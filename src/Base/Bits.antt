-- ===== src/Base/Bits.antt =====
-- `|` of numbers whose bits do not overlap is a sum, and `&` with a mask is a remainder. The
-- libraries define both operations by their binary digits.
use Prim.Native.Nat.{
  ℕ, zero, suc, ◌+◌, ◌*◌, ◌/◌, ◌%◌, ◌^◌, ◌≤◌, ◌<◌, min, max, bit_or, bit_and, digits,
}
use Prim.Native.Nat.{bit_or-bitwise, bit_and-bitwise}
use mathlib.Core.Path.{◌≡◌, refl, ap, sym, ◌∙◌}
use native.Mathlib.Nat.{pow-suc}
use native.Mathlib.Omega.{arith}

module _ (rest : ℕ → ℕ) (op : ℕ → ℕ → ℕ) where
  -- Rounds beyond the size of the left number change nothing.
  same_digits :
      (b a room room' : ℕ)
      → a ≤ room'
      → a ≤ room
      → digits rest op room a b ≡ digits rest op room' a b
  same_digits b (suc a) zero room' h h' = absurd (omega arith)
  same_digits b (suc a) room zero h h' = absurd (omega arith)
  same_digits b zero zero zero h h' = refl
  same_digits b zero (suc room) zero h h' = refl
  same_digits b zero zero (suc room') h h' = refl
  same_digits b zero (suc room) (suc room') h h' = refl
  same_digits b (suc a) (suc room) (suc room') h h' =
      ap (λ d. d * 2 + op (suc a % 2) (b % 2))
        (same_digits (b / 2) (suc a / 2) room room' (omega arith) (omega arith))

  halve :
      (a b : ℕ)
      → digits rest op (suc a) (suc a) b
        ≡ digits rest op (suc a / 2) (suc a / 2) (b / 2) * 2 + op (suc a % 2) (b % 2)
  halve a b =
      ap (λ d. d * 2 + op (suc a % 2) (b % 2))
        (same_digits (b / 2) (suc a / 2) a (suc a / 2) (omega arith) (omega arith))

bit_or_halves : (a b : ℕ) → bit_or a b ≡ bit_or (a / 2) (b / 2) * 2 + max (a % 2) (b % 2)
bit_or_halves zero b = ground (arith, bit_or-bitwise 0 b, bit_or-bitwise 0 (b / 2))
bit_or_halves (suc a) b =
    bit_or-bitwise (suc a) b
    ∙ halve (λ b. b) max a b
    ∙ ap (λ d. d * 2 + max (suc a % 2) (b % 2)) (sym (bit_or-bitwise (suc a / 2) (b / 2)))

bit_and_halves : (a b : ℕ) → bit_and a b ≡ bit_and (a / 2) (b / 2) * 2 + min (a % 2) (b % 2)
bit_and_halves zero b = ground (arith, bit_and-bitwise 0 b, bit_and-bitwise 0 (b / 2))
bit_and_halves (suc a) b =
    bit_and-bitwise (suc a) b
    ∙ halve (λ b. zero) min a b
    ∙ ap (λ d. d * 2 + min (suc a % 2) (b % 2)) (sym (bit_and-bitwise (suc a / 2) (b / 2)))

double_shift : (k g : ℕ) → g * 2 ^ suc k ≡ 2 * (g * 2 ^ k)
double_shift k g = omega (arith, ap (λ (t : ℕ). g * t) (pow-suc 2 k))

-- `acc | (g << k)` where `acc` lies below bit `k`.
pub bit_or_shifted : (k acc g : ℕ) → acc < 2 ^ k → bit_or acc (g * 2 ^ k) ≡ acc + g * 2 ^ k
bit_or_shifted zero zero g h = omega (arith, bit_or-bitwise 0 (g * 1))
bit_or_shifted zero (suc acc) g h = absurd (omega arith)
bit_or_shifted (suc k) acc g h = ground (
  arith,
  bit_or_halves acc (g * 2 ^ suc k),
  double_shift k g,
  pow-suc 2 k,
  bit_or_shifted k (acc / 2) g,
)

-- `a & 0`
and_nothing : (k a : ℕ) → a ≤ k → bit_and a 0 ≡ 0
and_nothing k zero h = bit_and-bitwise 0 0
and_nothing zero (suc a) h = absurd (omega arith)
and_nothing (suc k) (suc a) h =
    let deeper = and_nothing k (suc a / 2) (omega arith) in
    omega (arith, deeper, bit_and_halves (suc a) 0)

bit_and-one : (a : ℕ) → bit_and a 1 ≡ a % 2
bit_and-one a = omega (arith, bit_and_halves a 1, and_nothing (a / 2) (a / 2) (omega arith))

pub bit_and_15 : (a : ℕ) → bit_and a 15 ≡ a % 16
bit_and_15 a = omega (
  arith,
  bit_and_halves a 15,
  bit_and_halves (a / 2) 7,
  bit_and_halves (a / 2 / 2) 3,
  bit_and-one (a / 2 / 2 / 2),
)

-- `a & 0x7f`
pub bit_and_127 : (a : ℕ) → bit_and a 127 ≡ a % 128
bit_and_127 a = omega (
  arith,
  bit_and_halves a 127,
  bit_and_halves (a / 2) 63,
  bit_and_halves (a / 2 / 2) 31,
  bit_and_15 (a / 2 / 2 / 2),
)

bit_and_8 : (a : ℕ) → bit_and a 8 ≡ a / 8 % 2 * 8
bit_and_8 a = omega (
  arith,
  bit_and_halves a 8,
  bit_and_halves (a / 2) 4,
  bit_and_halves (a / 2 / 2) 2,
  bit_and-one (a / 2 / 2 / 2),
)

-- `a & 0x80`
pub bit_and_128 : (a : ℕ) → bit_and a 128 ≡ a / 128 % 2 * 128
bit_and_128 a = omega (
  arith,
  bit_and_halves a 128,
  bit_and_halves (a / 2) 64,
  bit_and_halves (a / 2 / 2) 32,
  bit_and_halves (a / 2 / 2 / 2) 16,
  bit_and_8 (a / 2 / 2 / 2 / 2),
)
☆ ☆ ☆ ☆
[Aim of the task] From the data above, gather every line that includes the word "deeper".

[Result below]
    let deeper = and_nothing k (suc a / 2) (omega arith) in
    omega (arith, deeper, bit_and_halves (suc a) 0)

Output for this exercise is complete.